PS. LC - strumpet is brilliant I agree, and less offensive to my mind than the other words mentioned so far in the thread.


----------



## SighingatSilvio

No that's not a good reason.

Those words are not considered 'offensive' per se, CLEARLY, which is why you have those marks.  Otherwise you lead non-natives up the garden path.

Now if you look at another recent thread, you'll see I'm happy to admit when I'm mistaken.  Are you?  Because I'm not going to continue this.


----------



## Tegs

I'm happy to admit a mistake when I make one, as I'm sure you would be aware if we'd shared many threads in the past - I don't think we have so far  In this case though, I'm just following the forum guidelines. I'm sure you can appreciate, as a native speaker of English, that words such as whore, hooker, slut etc are inappropriate in some situations and need to be used carefully. "Mrs Jones, you look like a total slut in that dress" would, for example, be an inappropriate thing to say to anyone.


----------



## giginho

SighingatSilvio said:


> No that's not a good reason.
> 
> Those words are not considered 'offensive' per se, CLEARLY, which is why you have those marks.  Otherwise you lead non-natives up the garden path.
> 
> Now if you look at another recent thread, you'll see I'm happy to admit when I'm mistaken.  Are you?  Because I'm not going to continue this.
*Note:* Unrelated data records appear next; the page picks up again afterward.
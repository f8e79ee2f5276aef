-- ===== src/Parser/Typed.antt =====
-- The columns and the type definitions that the parser returns.
use synthgen_core.Prelude.{
  ℕ, zero, suc, ◌≤◌, Text, text, text_mem, text_eq_iff, false, ◌&&◌, ◌≡◌, ◌≢◌, none, List, [], ◌∷◌,
  ◌++◌, arith, All, Pairs,
}
use synthgen_core.Common.Result.{syntax_error, invalid_schema, duplicate_column_name}
use synthgen_core.Common.Types.{DataType, ColumnDef, float, int, datetime, string, enum}
use synthgen_core.Common.Double.{Double}
use synthgen_core.Schema.{DefineTypeStmt, is_empty}
use synthgen_core.Lexer.{
  TokenType, k_float, k_int, k_datetime, k_string, k_enum, k_type, l_ident, s_lbrace, s_rbrace,
  s_comma, s_colon,
}
use synthgen_core.Schema.Validate.{NamesApart, Unseen, Unseen-cons}
use synthgen_core.Parser.State.{same_token_type}
use synthgen_core.Parser.Columns.{
  ColumnType, plain_type, ranged_type, column_type, parse_column_def, parse_columns,
  parse_define_type,
}
use synthgen_core.Parser.Fine.{
  Fine, Value, bind, pure-Fine, reject-Fine, if-Fine, reject_if-Fine, at_end-Fine, stuck-Fine,
  Known, pure-Known,
}
use synthgen_core.Parser.Steps.{match-bind, expect-Fine, require-Fine, advance-Fine, define-bind}
use synthgen_core.Parser.Ranges.{
  IsToken-ne-nil, RangeRead, and-left, enum_type-Fine, modifiers-Fine, more_before-Fine,
  parse_range-Fine, skip_semicolon-Fine, open_range,
}

module _ {F : Type 0} ⦃d : Double F⦄ where
  -- A range that was read, and values where the type is ENUM.
  abbrev TypeRead : ColumnType F → Type 0
  TypeRead t = RangeRead t.range_min t.range_max × (t.type ≡ enum → t.enum_values ≢ [])

  ranged_type-Fine :
      {n : ℕ} {types : List Text} (t : DataType) (a b : Text)
      → t ≢ enum
      → Fine n types (Value TypeRead) (ranged_type t a b)
  unfolding ranged_type
  ranged_type-Fine t a b ne = bind (parse_range-Fine a b) λ range in_order.
      pure-Fine TypeRead
        (record { type = t; range_min = range.0; range_max = range.1; enum_values = [] })
        (in_order, λ e. absurd (ne e))

  plain_type-TypeRead : (t : DataType) → t ≢ enum → TypeRead (plain_type t)
  plain_type-TypeRead t ne = (open_range, λ e. absurd (ne e))

  column_type-Fine :
      {types : List Text} (f n : ℕ) (t : TokenType)
      → n ≤ f
      → Fine n types (Value TypeRead) (column_type f t)
  unfolding column_type
  column_type-Fine f n t h =
      if-Fine (same_token_type t k_float) (λ _. ranged_type-Fine float _ _ (λ e. cc))
        λ _.
          if-Fine (same_token_type t k_int) (λ _. ranged_type-Fine int _ _ (λ e. cc))
            λ _.
              if-Fine (same_token_type t k_datetime)
                (λ _.
                  pure-Fine TypeRead (plain_type datetime) (plain_type-TypeRead datetime (λ e. cc)))
                λ _.
                  if-Fine (same_token_type t k_string)
                    (λ _.
                      pure-Fine TypeRead (plain_type string) (plain_type-TypeRead string (λ e. cc)))
                    λ _.
                      if-Fine (same_token_type t k_enum)
                        (λ _. bind (enum_type-Fine f n h) λ values some_value.
                          pure-Fine TypeRead
                            (record {
                              type = enum;
                              range_min = none;
                              range_max = none;
                              enum_values = values;
                            })
                            (open_range, λ _. some_value))
                        (λ _. reject-Fine _ _)

  -- A column that was read.
  abbrev pub ColumnRead : ColumnDef F → Type 0
  ColumnRead c =
      (c.name ≢ []) × RangeRead c.range_min c.range_max × (c.type ≡ enum → c.enum_values ≢ [])

  parse_column_def-Fine :
      {types : List Text} (f n : ℕ) → n ≤ f → Fine n types (Value ColumnRead) (parse_column_def f)
  unfolding parse_column_def
  parse_column_def-Fine f n h =
      bind (require-Fine l_ident (text "Expected column name")) λ name token.
        bind (require-Fine s_colon (text "Expected ':' after column name")) λ _ _.
          bind at_end-Fine λ ended _.
            bind (reject_if-Fine ended syntax_error (text "Expected type after ':'")) λ _ _.
              bind advance-Fine λ type_token _.
                bind (column_type-Fine f n type_token.type_of h) λ t read.
                  bind (modifiers-Fine f n (false, false) h) λ m _.
                    pure-Fine ColumnRead
                      (record {
                        name = name.lexeme;
                        type = t.type;
                        not_null = m.0;
                        is_order = m.1;
                        range_min = t.range_min;
                        range_max = t.range_max;
                        enum_values = t.enum_values;
                      })
                      (IsToken-ne-nil name.type_of name.lexeme token.0, read.0, read.1)

  -- Columns that were read, with names that differ from one another and from the names before.
  abbrev ColumnsRead : List Text → List (ColumnDef F) → Type 0
  ColumnsRead seen cs = (cs ≢ []) × All ColumnRead cs × Pairs NamesApart cs × All (Unseen seen) cs

  ColumnsRead-one :
      (seen : List Text) (c : ColumnDef F)
      → ColumnRead c
      → text_mem c.name seen ≡ false
      → ColumnsRead seen (c ∷ [])
  ColumnsRead-one seen c read new = (λ e. cc, (read, tt), (tt, tt), (new, tt))

  ColumnsRead-cons :
      (seen : List Text) (c : ColumnDef F) (cs : List (ColumnDef F))
      → ColumnRead c
      → text_mem c.name seen ≡ false
      → ColumnsRead (c.name ∷ seen) cs
      → ColumnsRead seen (c ∷ cs)
  ColumnsRead-cons seen c cs read new (_, reads, apart, unseen) =
      let (ne, old) = (Unseen-cons c.name seen cs).0 unseen in
      (λ e. cc, (read, reads), (ne, apart), (new, old))

  parse_columns-Fine :
      {types : List Text} (g f n : ℕ) (seen : List Text)
      → n ≤ g
      → n ≤ f
      → Fine n types (Value (ColumnsRead seen)) (parse_columns g f seen)
  unfolding parse_columns
  parse_columns-Fine g zero n seen i h = stuck-Fine h
  parse_columns-Fine g (suc f) n seen i h = bind (parse_column_def-Fine g n i) λ col read.
      bind
        (reject_if-Fine (text_mem col.name seen) duplicate_column_name
          (text "Duplicate column name: " ++ col.name))
        λ _ new. match-bind s_comma λ comma k le lt. bind (more_before-Fine s_rbrace) λ more _.
          if-Fine (comma && more)
            (λ e.
              bind
                (parse_columns-Fine g f k (col.name ∷ seen) (omega (arith, i, le))
                  (omega (arith, h, lt (and-left comma more e))))
                λ rest reads.
                  pure-Fine (ColumnsRead seen) (col ∷ rest)
                    (ColumnsRead-cons seen col rest read new reads))
            (λ _. pure-Fine (ColumnsRead seen) (col ∷ []) (ColumnsRead-one seen col read new))

  -- A type definition that was read: a schema that is well formed but for NaN in the ranges.
  pub record TypeDefined (stmt : DefineTypeStmt F) : Type 0 where
    pub named : stmt.type_name ≢ []
    pub inhabited : stmt.columns ≢ []
    pub columns_read : All ColumnRead stmt.columns
    pub names_apart : Pairs NamesApart stmt.columns

  pub parse_define_type-Fine :
      {types : List Text} (f n : ℕ)
      → n ≤ f
      → Fine n types (Known TypeDefined (λ stmt. stmt.type_name)) (parse_define_type f)
  unfolding parse_define_type text_mem
  parse_define_type-Fine {types} f n h = bind (expect-Fine k_type) λ _ _.
      bind at_end-Fine λ ended _.
        bind (reject_if-Fine ended syntax_error (text "Expected type name")) λ _ _.
          bind (require-Fine l_ident (text "Expected type name identifier")) λ name token.
            define-bind name.lexeme λ _.
              bind (require-Fine s_lbrace (text "Expected '{' after type name")) λ _ _.
                bind at_end-Fine λ ended _.
                  bind (reject_if-Fine ended syntax_error (text "Expected column definitions"))
                    λ _ _.
                      bind (parse_columns-Fine f f n [] h h)
                        λ columns (some_column, reads, apart, _).
                          bind
                            (require-Fine s_rbrace (text "Expected '}' to close type definition"))
                            λ _ _. bind skip_semicolon-Fine λ _ _.
                              bind
                                (reject_if-Fine (is_empty columns) invalid_schema
                                  (text "Type must have at least one column"))
                                λ _ _.
                                  pure-Known TypeDefined (λ stmt. stmt.type_name)
                                    (record { type_name = name.lexeme; columns = columns })
                                    (record {
                                      named = IsToken-ne-nil name.type_of name.lexeme token.0;
                                      inhabited = some_column;
                                      columns_read = reads;
                                      names_apart = apart;
                                    })
                                    (ground (arith, text_eq_iff name.lexeme name.lexeme))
So, Silvio, as a non native speaker, on the basis of what you have written in your post, I can go around and say to my collegue (both women and man for the "par condicio") "Hey whore, how's life?" or "hey slut! Nice dress!!".....very usefull feature of the English language! I can call "puttana" whoever I meet here around......that's great! 



Tegs said:


> I'm happy to admit a mistake when I make one, as I'm sure you would be aware if we'd shared many threads in the past - I don't think we have so far  In this case though, I'm just following the forum guidelines. I'm sure you can appreciate, as a native speaker of English, that words such as whore, hooker, slut etc are inappropriate in some situations and need to be used carefully. *"Mrs Jones, you look like a total slut in that dress" would, for example, be an inappropriate thing to say to anyone*.



Thanks to Tegs I'm not 6 feet under.....at least not jet!


----------



## london calling

giginho said:


> So, Silvio, as a non native speaker, on the basis of what you have written in your post, I can go around and say to my collegue (both women and man for the "par condicio") "Hey whore, how's life?" or "hey slut! Nice dress!!".....very usefull feature of the English language! I can call "puttana" whoever I meet here around......that's great!


A man who likes to live dangerously would do that!

Glad Tegs has got the message across.. I agree with her, of course, you have to be careful what you say to people (in any language): understanding "register" is vital..


----------



## longplay

danalto said:


> Are sure of it? I knew it came from latin *MATER IGNOTA *(unknown mother)
> 
> _(I found an old Thread in the Solo Italiano Forum: CLICK! )_



Ciao. Il Devoto-Oli mi sembra dia la stessa origine . Indipendentemente, io l'ho sempre saputa così, come per il napoletano "sciantosa" (francese "cantante") e l'altro
romanesco "prescia" (da "pressez )- vous"). Credo che la confusione derivi da "figlio di mignotta" che abbraccerebbe i due concetti... si fa per dire!
PS Le truppe francesi, specie da Bonaparte in poi, sono state spesso intorno a Roma ("zuavi" compresi).


----------